Work to be completed: The entries below contain a line with "(i : ℕ) (f : Endpoint" and a line with "ground (arith, select-modify". Quote exactly those two lines and all lines between them.

Stored data:

★ ★ ★ ★ ★

-- ===== src/Tests/Requests.antt =====
-- The ring of recent requests and the capture of messages.
use routeup.Base.{
  Text, codes, ℕ, ◌≡◌, Option, none, [], ◌∷◌, length, pos, ok, text_eq, lookup, ◌≤◌, refl, true,
  false, List, ◌++◌, arith, insert, delete,
}
use routeup.Tests.{plain}
use routeup.Logs.Entry.{Entry, zero_entry, valid_source}
use routeup.Logs.Capture.{
  Headers, Chunk, reads, CapturedMessage, within_limit, new_message_capture, take_message,
}
use routeup.Logs.Capture.Prefix.{all_bytes}
use routeup.Logs.Store.{
  Store, append, log_capacity, ListOptions, new_store, list, remove_oldest, push, make_room,
  complete_entry,
}
use routeup.Logs.Store.Refinement.{contents, Inv}
use routeup.Logs.Store.Ring.{find, locate, window}
use routeup.Logs.Store.Listing.{list-contents, Chosen, Within}
use routeup.Logs.Store.Runs.{run-new_store, Call, run}
use routeup.Logs.Store.Append.{append-Appended, Appended}

-- A ring of one entry, and full.
abbrev hello : Entry
hello = record zero_entry { id = codes "one"; source = codes "local"; started_at = 7 }

abbrev world : Entry
world = record zero_entry { id = codes "two"; source = codes "public"; started_at = 8 }

abbrev full : Store
full = record {
  entries = hello ∷ [];
  start = 0;
  size = 1;
  by_id = (codes "one", 0) ∷ [];
  changes = 1;
}

abbrev turned : Store
turned = record {
  entries = world ∷ [];
  start = 0;
  size = 1;
  by_id = (codes "two", 0) ∷ [];
  changes = 2;
}

abbrev no_draws : ℕ → Option Text
no_draws n = none

full-Inv : Inv full
unfolding lookup locate contents window find
full-Inv = record {
  room = omega arith;
  started = omega arith;
  bounded = omega arith;
  indexed = λ id. refl;
  distinct = (refl, tt);
}

world_appended : append 9 no_draws full world ≡ ok (turned, world)
unfolding append routeup.Logs.Store.complete_entry valid_source text_eq lookup within_limit
    routeup.Logs.Store.push routeup.Logs.Store.make_room routeup.Base.insert
    routeup.Logs.Store.remove_oldest routeup.Base.delete
world_appended = refl

append-Appended_example : Appended full world turned world
append-Appended_example = append-Appended 9 no_draws full turned world world full-Inv world_appended

abbrev last_one : ListOptions
last_one = record {
  route_name = [];
  source = codes "local";
  limit = pos 1;
  since = 0;
  method = [];
  status = pos 0;
}

list-contents_example :
    (es : List Entry) × Chosen plain last_one (contents full) es
    × Within (pos 1) es (list plain last_one full)
list-contents_example = list-contents plain last_one full

abbrev two_calls : List Call
two_calls = (3, no_draws, hello) ∷ (4, no_draws, world) ∷ []

run-new_store_example :
    Inv (run new_store two_calls) × (length (contents (run new_store two_calls)) ≤ log_capacity)
run-new_store_example = run-new_store two_calls

abbrev some_headers : Headers
some_headers = (codes "Accept", codes "text/html" ∷ []) ∷ (codes "Cookie", codes "k=v" ∷ []) ∷ []

abbrev two_reads : List Chunk
two_reads =
    record { bytes = codes "hel"; eof = false } ∷ record { bytes = codes "lo"; eof = true } ∷ []

abbrev taken : CapturedMessage
taken =
    take_message
      (reads two_reads (new_message_capture plain some_headers false (codes "cookie" ∷ [])))

abbrev Prefixed : CapturedMessage → List Chunk → Type 0
Prefixed m rs =
    (lost : Text) × (all_bytes rs ≡ m.body ++ lost) × (m.complete ≡ true → m.body ≡ all_bytes rs)
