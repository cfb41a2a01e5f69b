-- ===== src/Tests/Sessions.antt =====
-- Sessions of one host that come and go.
use routeup.Base.{All, codes, lookup, ℕ, ◌+◌, ◌≡◌, inr, some, List, [], ◌∷◌, ◌++◌, arith}
use routeup.Server.Broker.{RouteLease}
use routeup.Server.Tunnels.{TunnelRegistry, run, Event, opened, closed}
use routeup.Server.Tunnels.Laws.{run-serves, IsOther}

-- A broker that counts its releases.
abbrev counted : RouteLease → ℕ → ℕ
counted lease n = n + 1

abbrev lease_at : ℕ → RouteLease
lease_at g = record { host = codes "blog.routeup.dev"; generation = g }

abbrev empty : TunnelRegistry counted
empty = record { routes = []; broker = 0 }

abbrev late_end : List (Event counted)
late_end = closed (lease_at 5) 1 ∷ []

abbrev first_session : List (Event counted)
first_session = opened (lease_at 5) 1 ∷ []

late_end-IsOther : All (IsOther counted (codes "blog.routeup.dev") 2) late_end
late_end-IsOther = (inr (ground arith), tt)

run-serves_example :
    lookup
      (codes "blog.routeup.dev")
      (run counted (late_end ++ opened (lease_at 6) 2 ∷ first_session) empty).routes
    ≡ some 2
run-serves_example = run-serves counted (lease_at 6) 2 late_end first_session empty late_end-IsOther
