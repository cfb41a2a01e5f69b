-- ===== src/Tunnel.antt =====
-- internal/tunnel: the agent's side of the tunnel.
pub mod Client
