-- ===== src/Endpoints/Fresh.antt =====
-- What a synchronisation leaves at the address of a reported endpoint, lemur/sources/service.py.
use lemur.Prelude.{
  ℕ, String, ◌≡◌, refl, sym, ap, subst, ◌∙◌, ◌+◌, Bool, true, false, ◌&&◌, Option, none, some, List,
  [], ◌∷◌, ◌++◌, ◌==◌, nat_eq, string_eq, if◌then◌else◌, arith, beq_refl,
}
use lemur.Prelude.Table.{first, first-append, modify}
use lemur.Endpoints.{
  Endpoint, Described, Db, Env, Counts, endpoint_id, at_address, sync_existing,
  get_or_create_cipher, get_or_create_ciphers, get_or_create_policy, create, created, updated,
  certificate_of, write_endpoint, sync_with,
}

get_or_create_cipher-endpoints :
    (name : String) (db : Db) → (get_or_create_cipher name db).1.endpoints ≡ db.endpoints
unfolding get_or_create_cipher
get_or_create_cipher-endpoints name db = ground arith

get_or_create_ciphers-endpoints :
    (names : List String) (db : Db) → (get_or_create_ciphers names db).1.endpoints ≡ db.endpoints
unfolding get_or_create_ciphers
get_or_create_ciphers-endpoints [] db = refl
get_or_create_ciphers-endpoints (name ∷ names) db =
    get_or_create_ciphers-endpoints names (get_or_create_cipher name db).1
    ∙ get_or_create_cipher-endpoints name db

get_or_create_policy-endpoints :
    (name : String) (ciphers : List ℕ) (db : Db)
    → (get_or_create_policy name ciphers db).1.endpoints ≡ db.endpoints
unfolding get_or_create_policy
get_or_create_policy-endpoints name ciphers db = ground arith

abbrev map_endpoint : ℕ → (Endpoint → Endpoint) → Option Endpoint → Option Endpoint
map_endpoint i f none = none
map_endpoint i f (some e) = some (if e.id == i then f e else e)

first-modify :
    (d : String) (p i : ℕ) (env : Env) (label : String) (r : Described) (c q : ℕ)
    (rows : List Endpoint)
    → first (at_address d p) (modify endpoint_id i (updated env label r c q) rows)
      ≡ map_endpoint i (updated env label r c q) (first (at_address d p) rows)
unfolding first modify updated
first-modify d p i env label r c q [] = refl
first-modify d p i env label r c q (e ∷ rows) =
    ground (arith, first-modify d p i env label r c q rows)

-- Whether an endpoint that was looked up is there, is the source's, and was written at that moment.
unfoldable pub is_fresh : (now : ℕ) → String → Option Endpoint → Bool
is_fresh now label none = false
is_fresh now label (some e) = e.source == label && e.last_updated == now

unfoldable pub fresh_here : Env → String → String → ℕ → List Endpoint → Bool
fresh_here env label d p rows = is_fresh env.now label (first (at_address d p) rows)

fresh_map :
    (env : Env) (label : String) (r : Described) (c q i : ℕ) (o : Option Endpoint)
    → is_fresh env.now label o ≡ true
    → is_fresh env.now label (map_endpoint i (updated env label r c q) o) ≡ true
unfolding is_fresh updated
fresh_map env label r c q i none h = h
fresh_map env label r c q i (some e) h = ground (arith, h, beq_refl label, beq_refl env.now)

fresh_updated :
    (env : Env) (label : String) (r : Described) (c q : ℕ) (e : Endpoint)
    → is_fresh env.now label (map_endpoint e.id (updated env label r c q) (some e)) ≡ true
unfolding is_fresh updated
fresh_updated env label r c q e = ground (arith, beq_refl e.id, beq_refl label, beq_refl env.now)

fresh_append :
    (now : ℕ) (label : String) (o o' : Option Endpoint)
    → is_fresh now label o ≡ true
    → is_fresh now label (elim o [ some e ↦ some e | none ↦ o' ]) ≡ true
unfolding is_fresh
fresh_append now label none o' h = cc
fresh_append now label (some e) o' h = h

-- Writing an endpoint keeps what is fresh.
fresh-write_endpoint :
    (env : Env) (label : String) (r : Described) (c q : ℕ) (o : Option Endpoint) (counts : Counts)
    (db : Db) (d : String) (p : ℕ)
    → fresh_here env label d p db.endpoints ≡ true
    → fresh_here env label d p (write_endpoint env label r c q o (counts, db)).1.endpoints ≡ true
unfolding write_endpoint fresh_here create
fresh-write_endpoint env label r c q none counts db d p h =
    subst (λ o. is_fresh env.now label o ≡ true)
      (sym (first-append (at_address d p) db.endpoints _)) (fresh_append env.now label _ _ h)
fresh-write_endpoint env label r c q (some e) counts db d p h =
    subst (λ o. is_fresh env.now label o ≡ true)
      (sym (first-modify d p e.id env label r c q db.endpoints))
      (fresh_map env label r c q e.id _ h)

fresh_created :
    (env : Env) (label : String) (r : Described) (c q number : ℕ)
    → is_fresh env.now label
        (first (at_address r.dnsname r.port) (created env label r c q number ∷ []))
      ≡ true
unfolding is_fresh first
fresh_created env label r c q number =
    ground (arith, beq_refl r.dnsname, beq_refl r.port, beq_refl label, beq_refl env.now)

-- The endpoint that is written is fresh.
write_endpoint_fresh :
    (env : Env) (label : String) (r : Described) (c q : ℕ) (o : Option Endpoint) (counts : Counts)
    (db : Db)
    → first (at_address r.dnsname r.port) db.endpoints ≡ o
    → fresh_here env label r.dnsname r.port
        (write_endpoint env label r c q o (counts, db)).1.endpoints
      ≡ true
unfolding write_endpoint fresh_here create
write_endpoint_fresh env label r c q none counts db h =
    let e = created env label r c q db.next in
    subst (λ o. is_fresh env.now label o ≡ true)
      (sym (first-append (at_address r.dnsname r.port) db.endpoints (e ∷ [])))
      (subst
        (λ o.
          is_fresh env.now label
            (elim o [ some x ↦ some x | none ↦ first (at_address r.dnsname r.port) (e ∷ []) ])
          ≡ true)
        (sym h) (fresh_created env label r c q db.next))
write_endpoint_fresh env label r c q (some e) counts db h =
    subst (λ o. is_fresh env.now label o ≡ true)
      (sym (first-modify r.dnsname r.port e.id env label r c q db.endpoints))
      (subst (λ o. is_fresh env.now label (map_endpoint e.id (updated env label r c q) o) ≡ true)
        (sym h) (fresh_updated env label r c q e))

-- Ciphers and policies leave the endpoints as they are.
pub policy-endpoints :
    (r : Described) (db : Db)
    → (get_or_create_policy r.policy_name
        (get_or_create_ciphers r.ciphers db).0
        (get_or_create_ciphers r.ciphers db).1).1.endpoints
      ≡ db.endpoints
policy-endpoints r db =
    get_or_create_policy-endpoints r.policy_name _ (get_or_create_ciphers r.ciphers db).1
    ∙ get_or_create_ciphers-endpoints r.ciphers db

fresh-sync_with :
    (env : Env) (label : String) (r : Described) (x : Option Endpoint) (o : Option ℕ)
    (counts : Counts) (db : Db) (d : String) (p : ℕ)
    → fresh_here env label d p db.endpoints ≡ true
    → fresh_here env label d p (sync_with env label r x o (counts, db)).1.endpoints ≡ true
unfolding sync_with
fresh-sync_with env label r x none counts db d p h = h
fresh-sync_with env label r x (some c) counts db d p h =
    fresh-write_endpoint env label r c _ x counts _ d p
      (subst (λ rows. fresh_here env label d p rows ≡ true) (sym (policy-endpoints r db)) h)

sync_with_fresh :
    (env : Env) (label : String) (r : Described) (c : ℕ) (counts : Counts) (db : Db)
    → fresh_here env label r.dnsname r.port
        (sync_with env label r
          (first (at_address r.dnsname r.port) db.endpoints)
          (some c)
          (counts, db)).1.endpoints
      ≡ true
unfolding sync_with
sync_with_fresh env label r c counts db =
    write_endpoint_fresh env label r c _ _ counts _
      (ap (λ rows. first (at_address r.dnsname r.port) rows) (policy-endpoints r db))

-- The loop where a lookup takes the first row: what it does where no address has two rows.
unfoldable pub sync_first : Env → String → Described → Counts × Db → Counts × Db
sync_first env label r s =
    sync_existing env label r (first (at_address r.dnsname r.port) s.1.endpoints) s

unfoldable pub sync_firsts : Env → String → List Described → Counts × Db → Counts × Db
sync_firsts env label [] s = s
sync_firsts env label (r ∷ endpoints) s = sync_firsts env label endpoints (sync_first env label r s)

fresh-sync_firsts :
    (env : Env) (label : String) (rs : List Described) (s : Counts × Db) (d : String) (p : ℕ)
    → fresh_here env label d p s.1.endpoints ≡ true
    → fresh_here env label d p (sync_firsts env label rs s).1.endpoints ≡ true
unfolding sync_firsts sync_first sync_existing
fresh-sync_firsts env label [] s d p h = h
fresh-sync_firsts env label (r ∷ rs) (counts, db) d p h =
    fresh-sync_firsts env label rs _ d p
      (fresh-sync_with env label r _ (certificate_of env r).0 _ db d p h)

here :
    (env : Env) (label : String) (r : Described) (c : ℕ) (counts : Counts) (db : Db)
    → (certificate_of env r).0 ≡ some c
    → fresh_here env label r.dnsname r.port (sync_first env label r (counts, db)).1.endpoints ≡ true
unfolding sync_first sync_existing
here env label r c counts db h =
    subst
      (λ o.
        fresh_here env label r.dnsname r.port
          (sync_with env label r (first (at_address r.dnsname r.port) db.endpoints) o (
            record counts { updated_by_hash = counts.updated_by_hash + (certificate_of env r).1 },
            db,
          )).1.endpoints
        ≡ true)
      (sym h) (sync_with_fresh env label r c _ db)

pub sync_firsts_fresh :
    (env : Env) (label : String) (earlier later : List Described) (r : Described) (c : ℕ)
    (s : Counts × Db)
    → (certificate_of env r).0 ≡ some c
    → fresh_here env label r.dnsname r.port
        (sync_firsts env label (earlier ++ r ∷ later) s).1.endpoints
      ≡ true
unfolding sync_firsts
sync_firsts_fresh env label [] later r c (counts, db) h =
    fresh-sync_firsts env label later (sync_first env label r (counts, db)) r.dnsname r.port
      (here env label r c counts db h)
sync_firsts_fresh env label (e ∷ earlier) later r c s h =
    sync_firsts_fresh env label earlier later r c (sync_first env label e s) h
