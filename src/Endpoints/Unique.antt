-- ===== src/Endpoints/Unique.antt =====
-- Addresses of endpoints that stay unique, lemur/sources/service.py and lemur/endpoints/service.py.
use lemur.Prelude.{
  ℕ, String, ◌≡◌, refl, sym, ap, ◌+◌, subst, ◌∙◌, Bool, true, false, ◌&&◌, Option, none, some, List,
  [], ◌∷◌, ◌++◌, ◌==◌, nat_eq, string_eq, if◌then◌else◌, select, arith, Bool-cases, inl, inr,
  eq_iff, nat_beq_iff, append-nil,
}
use lemur.Prelude.Result.{ok}
use lemur.Prelude.Table.{first, modify}
use lemur.Endpoints.{
  Endpoint, Described, Db, Env, Counts, endpoint_id, at_address, scalar, get_by_dnsname_and_port,
  create, created, updated, certificate_of, write_endpoint, sync_with, sync_existing, sync_endpoint,
  sync_endpoints,
}
use lemur.Endpoints.Fresh.{sync_first, sync_firsts, policy-endpoints}

-- Whether a list has one element at most.
unfoldable pub single : List Endpoint → Bool
single [] = true
single (e ∷ []) = true
single (e ∷ f ∷ more) = false

-- No two endpoints are at one address.
abbrev pub Unique : List Endpoint → Type 0
Unique rows = (d : String) (p : ℕ) → single (select (at_address d p) rows) ≡ true

scalar-select :
    (t : Endpoint → Bool) (rows : List Endpoint)
    → single (select t rows) ≡ true
    → scalar (select t rows) ≡ ok (first t rows)
unfolding single select first
scalar-select t [] h = refl
scalar-select t (e ∷ rows) h = elim (Bool-cases (t e)) [
  | inl k ↦ rw k (
      alone (select t rows)
        (subst (λ b. single (if b then e ∷ select t rows else select t rows) ≡ true) k h))
  | inr k ↦ rw k (
      scalar-select t rows
        (subst (λ b. single (if b then e ∷ select t rows else select t rows) ≡ true) k h))
]
  where
    alone : (xs : List Endpoint) → single (e ∷ xs) ≡ true → scalar (e ∷ xs) ≡ ok (some e)
    alone [] s = refl
    alone (x ∷ xs) s = cc

-- The lookup of a table without two endpoints at one address does not raise.
pub get-Unique :
    (d : String) (p : ℕ) (db : Db)
    → Unique db.endpoints
    → get_by_dnsname_and_port d p db ≡ ok (first (at_address d p) db.endpoints)
unfolding get_by_dnsname_and_port
get-Unique d p db u = scalar-select (at_address d p) db.endpoints (u d p)

nothing_selected :
    (t : Endpoint → Bool) (rows : List Endpoint) → first t rows ≡ none → select t rows ≡ []
unfolding select first
nothing_selected t [] h = refl
nothing_selected t (e ∷ rows) h = ground (arith, h, nothing_selected t rows)

select-append :
    (t : Endpoint → Bool) (xs ys : List Endpoint) → select t (xs ++ ys) ≡ select t xs ++ select t ys
unfolding select
select-append t [] ys = refl
select-append t (x ∷ xs) ys = ground (arith, select-append t xs ys)

Unique-append :
    (env : Env) (label : String) (r : Described) (c q n : ℕ) (rows : List Endpoint)
    → first (at_address r.dnsname r.port) rows ≡ none
    → Unique rows
    → Unique (rows ++ created env label r c q n ∷ [])
unfolding single select
Unique-append env label r c q n rows h u d p =
    rw (select-append (at_address d p) rows (created env label r c q n ∷ []))
      (elim (Bool-cases (at_address d p (created env label r c q n))) [
        | inr k ↦ rw (k, append-nil (select (at_address d p) rows)) (u d p)
        | inl k ↦ rw (k, gone k) refl
      ])
  where
    gone : (r.dnsname == d && r.port == p) ≡ true → select (at_address d p) rows ≡ []
    gone k = nothing_selected (at_address d p) rows (
        subst (λ x. first (at_address x p) rows ≡ none) ((eq_iff r.dnsname d).0 (ground (arith, k)))
          (subst (λ x. first (at_address r.dnsname x) rows ≡ none)
            ((nat_beq_iff r.port p).0 (ground (arith, k))) h))

single-modify :
    (i : ℕ) (f : Endpoint → Endpoint) (xs : List Endpoint)
    → single (modify endpoint_id i f xs) ≡ single xs
unfolding single modify
single-modify i f [] = refl
single-modify i f (x ∷ []) = refl
single-modify i f (x ∷ y ∷ more) = refl

select-modify :
    (i : ℕ) (env : Env) (label : String) (r : Described) (c q : ℕ) (d : String) (p : ℕ)
    (rows : List Endpoint)
    → select (at_address d p) (modify endpoint_id i (updated env label r c q) rows)
      ≡ modify endpoint_id i (updated env label r c q) (select (at_address d p) rows)
unfolding select modify updated
select-modify i env label r c q d p [] = refl
select-modify i env label r c q d p (e ∷ rows) =
    ground (arith, select-modify i env label r c q d p rows)

Unique-write_endpoint :
    (env : Env) (label : String) (r : Described) (c q : ℕ) (o : Option Endpoint) (counts : Counts)
    (db : Db)
    → first (at_address r.dnsname r.port) db.endpoints ≡ o
    → Unique db.endpoints
    → Unique (write_endpoint env label r c q o (counts, db)).1.endpoints
unfolding write_endpoint create
Unique-write_endpoint env label r c q none counts db h u d p =
    Unique-append env label r c q db.next db.endpoints h u d p
Unique-write_endpoint env label r c q (some e) counts db h u d p =
    ap single (select-modify e.id env label r c q d p db.endpoints)
    ∙ (single-modify e.id (updated env label r c q) (select (at_address d p) db.endpoints) ∙ u d p)

Unique-sync_first :
    (env : Env) (label : String) (r : Described) (counts : Counts) (db : Db)
    → Unique db.endpoints
    → Unique (sync_first env label r (counts, db)).1.endpoints
unfolding sync_first sync_existing sync_with
Unique-sync_first env label r counts db u = written (certificate_of env r).0
  where
    written :
        (o : Option ℕ)
        → Unique
            (sync_with env label r (first (at_address r.dnsname r.port) db.endpoints) o (
              record counts { updated_by_hash = counts.updated_by_hash + (certificate_of env r).1 },
              db,
            )).1.endpoints
    written none = u
    written (some c) =
        Unique-write_endpoint env label r c _ _ _ _
          (ap (λ rows. first (at_address r.dnsname r.port) rows) (policy-endpoints r db))
          (subst Unique (sym (policy-endpoints r db)) u)

-- Where no two endpoints are at one address, a synchronisation raises nothing, and leaves it so.
pub sync_endpoints-Unique :
    (env : Env) (label : String) (rs : List Described) (counts : Counts) (db : Db)
    → Unique db.endpoints
    → (sync_endpoints env label rs (counts, db) ≡ (ok tt, sync_firsts env label rs (counts, db)))
      × Unique (sync_firsts env label rs (counts, db)).1.endpoints
unfolding sync_endpoints sync_endpoint sync_firsts sync_existing sync_first
sync_endpoints-Unique env label [] counts db u = (refl, u)
sync_endpoints-Unique env label (r ∷ rs) counts db u =
    let next = sync_first env label r (counts, db) in
    let (rest, kept) =
      sync_endpoints-Unique env label rs next.0 next.1
        (Unique-sync_first env label r counts db u) in
    (rw (get-Unique r.dnsname r.port db u) rest, kept)

single-select :
    (q : Endpoint → Bool) (xs : List Endpoint) → single xs ≡ true → single (select q xs) ≡ true
unfolding single select
single-select q [] h = refl
single-select q (x ∷ []) h = ground arith
single-select q (x ∷ y ∷ more) h = cc

select_swap :
    (t q : Endpoint → Bool) (rows : List Endpoint)
    → select t (select q rows) ≡ select q (select t rows)
unfolding select
select_swap t q [] = refl
select_swap t q (e ∷ rows) = ground (arith, select_swap t q rows)

pub Unique-select :
    (q : Endpoint → Bool) (rows : List Endpoint) → Unique rows → Unique (select q rows)
Unique-select q rows u d p =
    ap single (select_swap (at_address d p) q rows)
    ∙ single-select q (select (at_address d p) rows) (u d p)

★ ★ ★ ★ ★

Response:
    (i : ℕ) (f : Endpoint → Endpoint) (xs : List Endpoint)
    → single (modify endpoint_id i f xs) ≡ single xs
unfolding single modify
single-modify i f [] = refl
single-modify i f (x ∷ []) = refl
single-modify i f (x ∷ y ∷ more) = refl

select-modify :
    (i : ℕ) (env : Env) (label : String) (r : Described) (c q : ℕ) (d : String) (p : ℕ)
    (rows : List Endpoint)
    → select (at_address d p) (modify endpoint_id i (updated env label r c q) rows)
      ≡ modify endpoint_id i (updated env label r c q) (select (at_address d p) rows)
unfolding select modify updated
select-modify i env label r c q d p [] = refl
select-modify i env label r c q d p (e ∷ rows) =
    ground (arith, select-modify i env label r c q d p rows)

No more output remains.